- _EXERCISE BRIEF_
Below are entries; copy exactly the lines from the one with "(λ p. record" through the one with "(subst (λ g.", both included, and leave out the rest.

═══ RECORDS PROVIDED

-- ===== src/Queue/Chains.antt =====
-- Queue.h and PriorityQueue.h: what push_back, pop_front and pop_back do to the chain between two pointers.
use openbookfs.Prelude.{
  ℕ, ◌≡◌, ◌≢◌, refl, sym, ap, ◌∙◌, subst, List, [], ◌∷◌, ◌++◌, Option, none, some, ==_iff, ==_ne,
  if◌then◌else◌,
}
use openbookfs.Queue.Nodes.{Heap, Ends, write, with_next, same_node, insert_after, push_back}
use openbookfs.Queue.Segments.{
  head_or, last_or, Segment, Fresh, AllDistinct, Apart, Agrees, write_self, write_ne,
}
use openbookfs.Queue.Segments.{
  AllDistinct-append, Agrees-write, Agrees-trans, Agrees-refl, Fresh-last_or, Segment-write,
}
use openbookfs.Queue.Segments.{Segment-with_next, Segment-append, Segment-last}
use openbookfs.Queue.Segments.{last_or_append, last_or-some, Apart-last}

-- the other pointer of the chain, when the node that is taken is the only one, and when it is not
pub same_node_only :
    (x : ℕ) (p : Option ℕ) → p ≡ some x → (if same_node x p then none else p) ≡ none
same_node_only x p k = rw (k, (==_iff x x).1 refl) refl

pub same_node_other :
    (x l : ℕ) (p : Option ℕ) → p ≡ some l → x ≢ l → (if same_node x p then none else p) ≡ some l
same_node_other x l p k d = rw (k, ==_ne x l d) refl

module _ {T : Type 0} where
  -- The chain of these nodes stands between the two pointers.
  abbrev pub Holds : Heap T → List (ℕ × T) → Ends → Type 0
  Holds h xs e =
      (e.first ≡ head_or xs none)
      × (e.last ≡ last_or none xs)
      × Segment h none xs none
      × AllDistinct xs

  -- A node in no chain.
  abbrev pub Loose : Heap T → ℕ × T → Type 0
  Loose h n = h n.0 ≡ record { datum = n.1; next = none; prev = none }

  -- the node before the insertion, written as the new last one
  abbrev own : Heap T → ℕ × T → ℕ → Heap T
  own h n l = write h n.0 (record { datum = n.1; next = none; prev = some l })

  abbrev linked : Heap T → ℕ × T → ℕ → Heap T
  linked h n l = write (own h n l) l (with_next (some n.0) (own h n l l))

  insert_after_end :
      (h : Heap T) (n : ℕ × T) (l : ℕ)
      → Loose h n
      → (h l).next ≡ none
      → insert_after n.0 l h ≡ linked h n l
  unfolding insert_after
  insert_after_end h n l s k = rw (k, s) refl

  pub push_back_end :
      (h : Heap T) (n : ℕ) (e : Ends) (l : ℕ)
      → e.last ≡ some l
      → push_back n e h ≡ (record { first = e.first; last = some n }, insert_after n l h)
  unfolding push_back
  push_back_end h n e l k = rw (k) refl

  push_back-none :
      (h : Heap T) (n : ℕ) (e : Ends)
      → e.last ≡ none
      → push_back n e h ≡ (record { first = some n; last = some n }, h)
  unfolding push_back
  push_back-none h n e k = rw (k) refl

  -- The node stands at the end, and other chains are as before.
  abbrev pub Pushes : Heap T → Heap T → List (ℕ × T) → ℕ × T → Ends → Type 0
  Pushes g h xs n e =
      Holds g (xs ++ (n ∷ [])) e
      × ((ys : List (ℕ × T)) → Fresh n.0 ys → Apart xs ys → Agrees g h ys)

  linked_end :
      (h : Heap T) (x : ℕ × T) (xs : List (ℕ × T)) (n : ℕ × T) (l : ℕ) (e : Ends)
      → last_or (some x.0) xs ≡ some l
      → e.first ≡ some x.0
      → Segment h none (x ∷ xs) none
      → AllDistinct (x ∷ xs)
      → Fresh n.0 (x ∷ xs)
      → Pushes (linked h n l) h (x ∷ xs) n (record { first = e.first; last = some n.0 })
  linked_end h x xs n l e k first s d f = (
    (
      first,
      sym (last_or_append (some x.0) xs n),
      Segment-append (linked h n l) none none (x ∷ xs) (n ∷ [])
          (Segment-with_next (own h n l) l none none (some n.0) x xs d k (
            Segment-write h n.0 (record { datum = n.1; next = none; prev = some l }) none none
              (x ∷ xs) f s))
          (
            write_ne (own h n l) (with_next (some n.0) (own h n l l)) (Fresh-last_or n.0 x xs l f k)
                ∙ write_self h n.0 (record { datum = n.1; next = none; prev = some l })
                ∙ ap (λ p. record { datum = n.1; next = none; prev = p }) (sym k),
            tt,
          ),
      AllDistinct-append (x ∷ xs) n d f,
    ),
    λ ys g a.
        Agrees-trans (linked h n l) (own h n l) h ys
          (Agrees-write (own h n l) l (with_next (some n.0) (own h n l l)) ys
            (Apart-last x xs ys l k a))
          (Agrees-write h n.0 (record { datum = n.1; next = none; prev = some l }) ys g),
  )

  pub push_back-Pushes :
      (h : Heap T) (xs : List (ℕ × T)) (n : ℕ × T) (e : Ends)
      → Holds h xs e
      → Fresh n.0 xs
      → Loose h n
      → Pushes (push_back n.0 e h).1 h xs n (push_back n.0 e h).0
  push_back-Pushes h [] n e s f o =
      subst (λ r. Pushes r.1 h [] n r.0) (sym (push_back-none h n.0 e s.1))
        ((refl, refl, (o, tt), (tt, tt)), λ ys g a. Agrees-refl h ys)
  push_back-Pushes h (x ∷ xs) n e s f o =
      let l = last_or-some x.0 xs in
      subst (λ r. Pushes r.1 h (x ∷ xs) n r.0) (sym (push_back_end h n.0 e l.0 (s.1 ∙ l.1)))
        (subst (λ g. Pushes g h (x ∷ xs) n (record { first = e.first; last = some n.0 }))
          (sym (insert_after_end h n l.0 o (Segment-last h none none x xs l.0 l.1 s.2)))
          (linked_end h x xs n l.0 e l.1 s.0 s.2 s.3 f))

══════

- _TASK SOLUTION_
                ∙ ap (λ p. record { datum = n.1; next = none; prev = p }) (sym k),
            tt,
          ),
      AllDistinct-append (x ∷ xs) n d f,
    ),
    λ ys g a.
        Agrees-trans (linked h n l) (own h n l) h ys
          (Agrees-write (own h n l) l (with_next (some n.0) (own h n l l)) ys
            (Apart-last x xs ys l k a))
          (Agrees-write h n.0 (record { datum = n.1; next = none; prev = some l }) ys g),
  )

  pub push_back-Pushes :
      (h : Heap T) (xs : List (ℕ × T)) (n : ℕ × T) (e : Ends)
      → Holds h xs e
      → Fresh n.0 xs
      → Loose h n
      → Pushes (push_back n.0 e h).1 h xs n (push_back n.0 e h).0
  push_back-Pushes h [] n e s f o =
      subst (λ r. Pushes r.1 h [] n r.0) (sym (push_back-none h n.0 e s.1))
        ((refl, refl, (o, tt), (tt, tt)), λ ys g a. Agrees-refl h ys)
  push_back-Pushes h (x ∷ xs) n e s f o =
      let l = last_or-some x.0 xs in
      subst (λ r. Pushes r.1 h (x ∷ xs) n r.0) (sym (push_back_end h n.0 e l.0 (s.1 ∙ l.1)))
        (subst (λ g. Pushes g h (x ∷ xs) n (record { first = e.first; last = some n.0 }))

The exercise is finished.